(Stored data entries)
################

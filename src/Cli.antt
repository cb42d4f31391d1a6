-- ===== src/Cli.antt =====
-- src/cli.rs: the scanner of the command line. `usize` has 64 bits, and an error carries what its
-- message shows.
pub mod Scan
pub mod Forms
pub mod Print
use gust.Prelude.{
  ℕ, zero, suc, ◌^◌, ◌-◌, ℤ, pos, negsuc, Bool, true, false, not, ◌||◌, List, [], ◌∷◌, ◌++◌, Option,
  none, some, Result, ok, err, ◌>>=◌, ◌>>◌, reject_if, ok_or, list_eq, length, ◌==◌, if◌then◌else◌,
}
use gust.Text.{Text, codes, cut, trim_start_matches, to_ascii_lowercase}
use gust.Text.Number.{parse_unsigned, scan_some, max_u64}

-- `RawArgs`
pub record RawArgs : Type 0 where
  pub listens : List Text
  pub forwards : List Text
  pub mark : Option ℤ
  pub nat : Bool
  pub set_ip_forward : Bool
  pub nat_cleanup : Bool
  pub buf_size_kb : Option ℕ
  pub heartbeat_secs : Option ℕ
  pub worker_threads : Option ℕ
  pub nodelay : Option Bool
  pub so_rcvbuf : Option ℕ
  pub so_sndbuf : Option ℕ
  pub debug : Bool
  pub help : Bool
  pub version : Bool

-- `RawArgs::default()`
abbrev pub default_args : RawArgs
default_args = record {
  listens = [];
  forwards = [];
  mark = none;
  nat = false;
  set_ip_forward = false;
  nat_cleanup = false;
  buf_size_kb = none;
  heartbeat_secs = none;
  worker_threads = none;
  nodelay = none;
  so_rcvbuf = none;
  so_sndbuf = none;
  debug = false;
  help = false;
  version = false;
}

pub data ParseOutcome : Type 0 where
  run : RawArgs → ParseOutcome
  show_help show_version : ParseOutcome

-- The errors of `parse_args`; `out_of_fuel` is the model's own, and is never returned.
pub data CliError : Type 0 where
  unexpected_positional requires_value unknown_flag : Text → CliError
  bad_number bad_boolean : Text → Text → CliError
  out_of_fuel : CliError

abbrev pub max_i64 : ℕ
max_i64 = 2 ^ 63 - 1

abbrev pub negated : ℕ → ℤ
negated zero = pos 0
negated (suc n) = negsuc n

abbrev pub pos_option : Option ℕ → Option ℤ
pos_option none = none
pos_option (some n) = some (pos n)

abbrev pub negated_option : Option ℕ → Option ℤ
negated_option none = none
negated_option (some n) = some (negated n)

-- `v.parse::<i64>()`
unfoldable pub parse_i64 : Text → Option ℤ
parse_i64 [] = none
parse_i64 (c ∷ s) =
    if c == b'-'
    then negated_option (scan_some (2 ^ 63) s)
    else pos_option (parse_unsigned max_i64 (c ∷ s))

-- `starts_with('-')`
abbrev pub starts_with_dash : Text → Bool
starts_with_dash [] = false
starts_with_dash (c ∷ s) = c == b'-'

abbrev pub at_inline : Text → Option (Text × Text) → Text × Option Text
at_inline body none = (body, none)
at_inline body (some (name, v)) = (name, some v)

-- a flag's name and its `=value`, of the argument without its leading dashes
unfoldable pub split_inline : Text → Text × Option Text
split_inline body = at_inline body (cut b'=' body)

unfoldable pub name_and_inline : Text → Text × Option Text
name_and_inline arg = split_inline (trim_start_matches (λ c. c == b'-') arg)

-- a flag's value, and the arguments that are left
unfoldable pub take_value : Text → Option Text → List Text → Result CliError (Text × List Text)
take_value name (some v) rest = ok (v, rest)
take_value name none [] = err (requires_value name)
take_value name none (v ∷ rest) = ok (v, rest)

-- `v.parse::<u64>()`, with the flag's own error
unfoldable pub parse_number : Text → Text → Result CliError ℕ
parse_number name v = ok_or (parse_unsigned max_u64 v) (bad_number name v)

abbrev pub one_of : Text → List Text → Bool
one_of v [] = false
one_of v (w ∷ ws) = list_eq v w || one_of v ws

unfoldable pub parse_bool : Text → Option Text → Result CliError Bool
parse_bool name none = ok true
parse_bool name (some v) =
    let lower = to_ascii_lowercase v in
    if one_of lower (codes "true" ∷ codes "1" ∷ codes "yes" ∷ codes "on" ∷ [])
    then ok true
    else if one_of lower (codes "false" ∷ codes "0" ∷ codes "no" ∷ codes "off" ∷ [])
    then ok false
    else err (bad_boolean name v)

-- What one round of the loop leaves: the flags and the arguments that are left, or an outcome.
pub data Step : Type 0 where
  next : RawArgs → List Text → Step
  stop : ParseOutcome → Step

-- the patterns of the `match` on a flag's name
pub data Flag : Type 0 where
  flag_l flag_f flag_m buf_size_kb heartbeat_secs worker_threads so_rcvbuf so_sndbuf : Flag
  nodelay nat set_ip_forward nat_cleanup debug help version unknown : Flag

unfoldable pub flag_in : List (Text × Flag) → Text → Flag
flag_in [] name = unknown
flag_in ((n, f) ∷ table) name = if list_eq name n then f else flag_in table name

abbrev pub flag_names : List (Text × Flag)
flag_names =
    (codes "L", flag_l)
    ∷ (codes "F", flag_f)
    ∷ (codes "M", flag_m)
    ∷ (codes "buf-size-kb", buf_size_kb)
    ∷ (codes "heartbeat-secs", heartbeat_secs)
    ∷ (codes "worker-threads", worker_threads)
    ∷ (codes "so-rcvbuf", so_rcvbuf)
    ∷ (codes "so-sndbuf", so_sndbuf)
    ∷ (codes "nodelay", nodelay)
    ∷ (codes "nat", nat)
    ∷ (codes "set-ip-forward", set_ip_forward)
    ∷ (codes "nat-cleanup", nat_cleanup)
    ∷ (codes "D", debug)
    ∷ (codes "debug", debug)
    ∷ (codes "h", help)
    ∷ (codes "help", help)
    ∷ (codes "V", version)
    ∷ (codes "version", version)
    ∷ []

-- the arm of the `match` for a flag
unfoldable pub apply_flag : Flag → RawArgs → Text → Option Text → List Text → Result CliError Step
apply_flag flag_l raw name inline rest = do
  (v, rest) ← take_value name inline rest
  ok (next (record raw { listens = raw.listens ++ v ∷ [] }) rest)
apply_flag flag_f raw name inline rest = do
  (v, rest) ← take_value name inline rest
  ok (next (record raw { forwards = raw.forwards ++ v ∷ [] }) rest)
apply_flag flag_m raw name inline rest = do
  (v, rest) ← take_value name inline rest
  m ← ok_or (parse_i64 v) (bad_number name v)
  ok (next (record raw { mark = some m }) rest)
apply_flag buf_size_kb raw name inline rest = do
  (v, rest) ← take_value name inline rest
  n ← parse_number name v
  ok (next (record raw { buf_size_kb = some n }) rest)
apply_flag heartbeat_secs raw name inline rest = do
  (v, rest) ← take_value name inline rest
  n ← parse_number name v
  ok (next (record raw { heartbeat_secs = some n }) rest)
apply_flag worker_threads raw name inline rest = do
  (v, rest) ← take_value name inline rest
  n ← parse_number name v
  ok (next (record raw { worker_threads = some n }) rest)
apply_flag so_rcvbuf raw name inline rest = do
  (v, rest) ← take_value name inline rest
  n ← parse_number name v
  ok (next (record raw { so_rcvbuf = some n }) rest)
apply_flag so_sndbuf raw name inline rest = do
  (v, rest) ← take_value name inline rest
  n ← parse_number name v
  ok (next (record raw { so_sndbuf = some n }) rest)
apply_flag nodelay raw name inline rest = do
  b ← parse_bool name inline
  ok (next (record raw { nodelay = some b }) rest)
apply_flag nat raw name inline rest = do
  b ← parse_bool name inline
  ok (next (record raw { nat = b }) rest)
apply_flag set_ip_forward raw name inline rest = do
  b ← parse_bool name inline
  ok (next (record raw { set_ip_forward = b }) rest)
apply_flag nat_cleanup raw name inline rest = do
  b ← parse_bool name inline
  ok (next (record raw { nat_cleanup = b }) rest)
apply_flag debug raw name inline rest = do
  b ← parse_bool name inline
  ok (next (record raw { debug = b }) rest)
apply_flag help raw name inline rest = ok (stop show_help)
apply_flag version raw name inline rest = ok (stop show_version)
apply_flag unknown raw name inline rest = err (unknown_flag name)

-- what follows the loop
unfoldable pub outcome_of : RawArgs → ParseOutcome
outcome_of raw = if raw.help then show_help else if raw.version then show_version else run raw

abbrev pub refuses : Bool → Text → Bool
refuses no_more_flags arg = no_more_flags || not (starts_with_dash arg) || list_eq arg (codes "-")

-- one flag, whose name and inline value are read off the argument
abbrev pub scan_flag : RawArgs → Text × Option Text → List Text → Result CliError Step
scan_flag raw (name, inline) rest = apply_flag (flag_in flag_names name) raw name inline rest

-- The loop. Each round takes an argument at least, so the number of the arguments is fuel enough.
unfoldable pub scan_args : ℕ → Bool → RawArgs → List Text → Result CliError ParseOutcome
scan_args fuel no_more_flags raw [] = ok (outcome_of raw)
scan_args zero no_more_flags raw (arg ∷ rest) = err out_of_fuel
scan_args (suc fuel) no_more_flags raw (arg ∷ rest) = do
  reject_if (refuses no_more_flags arg) (unexpected_positional arg)
  elim (list_eq arg (codes "--")) [
    | true ↦ scan_args fuel true raw rest
    | false ↦ do
      step ← scan_flag raw (name_and_inline arg) rest
      elim step [
        | next raw rest ↦ scan_args fuel no_more_flags raw rest
        | stop outcome ↦ ok outcome
      ]
  ]

unfoldable pub parse_args : List Text → Result CliError ParseOutcome
parse_args args = scan_args (length args) false default_args args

################

* _Task details_
Write out exactly the lines between the start of the entries and the line containing "show_help show_version : ParseOutcome", including that line and the first one.

* _Output of the exercise_
filename src/Cli.antt
repository cb42d4f31391d1a6
-- ===== src/Cli.antt =====
-- src/cli.rs: the scanner of the command line. `usize` has 64 bits, and an error carries what its
-- message shows.
pub mod Scan
pub mod Forms
pub mod Print
use gust.Prelude.{
  ℕ, zero, suc, ◌^◌, ◌-◌, ℤ, pos, negsuc, Bool, true, false, not, ◌||◌, List, [], ◌∷◌, ◌++◌, Option,
  none, some, Result, ok, err, ◌>>=◌, ◌>>◌, reject_if, ok_or, list_eq, length, ◌==◌, if◌then◌else◌,
}
use gust.Text.{Text, codes, cut, trim_start_matches, to_ascii_lowercase}
use gust.Text.Number.{parse_unsigned, scan_some, max_u64}

-- `RawArgs`
pub record RawArgs : Type 0 where
  pub listens : List Text
  pub forwards : List Text
  pub mark : Option ℤ
  pub nat : Bool
  pub set_ip_forward : Bool
  pub nat_cleanup : Bool
  pub buf_size_kb : Option ℕ
  pub heartbeat_secs : Option ℕ
  pub worker_threads : Option ℕ
  pub nodelay : Option Bool
  pub so_rcvbuf : Option ℕ
  pub so_sndbuf : Option ℕ
  pub debug : Bool
  pub help : Bool
  pub version : Bool

-- `RawArgs::default()`
abbrev pub default_args : RawArgs
default_args = record {
  listens = [];
  forwards = [];
  mark = none;
  nat = false;
  set_ip_forward = false;
  nat_cleanup = false;
  buf_size_kb = none;
  heartbeat_secs = none;
  worker_threads = none;
  nodelay = none;
  so_rcvbuf = none;
  so_sndbuf = none;
  debug = false;
  help = false;
  version = false;
}

pub data ParseOutcome : Type 0 where
  run : RawArgs → ParseOutcome
  show_help show_version : ParseOutcome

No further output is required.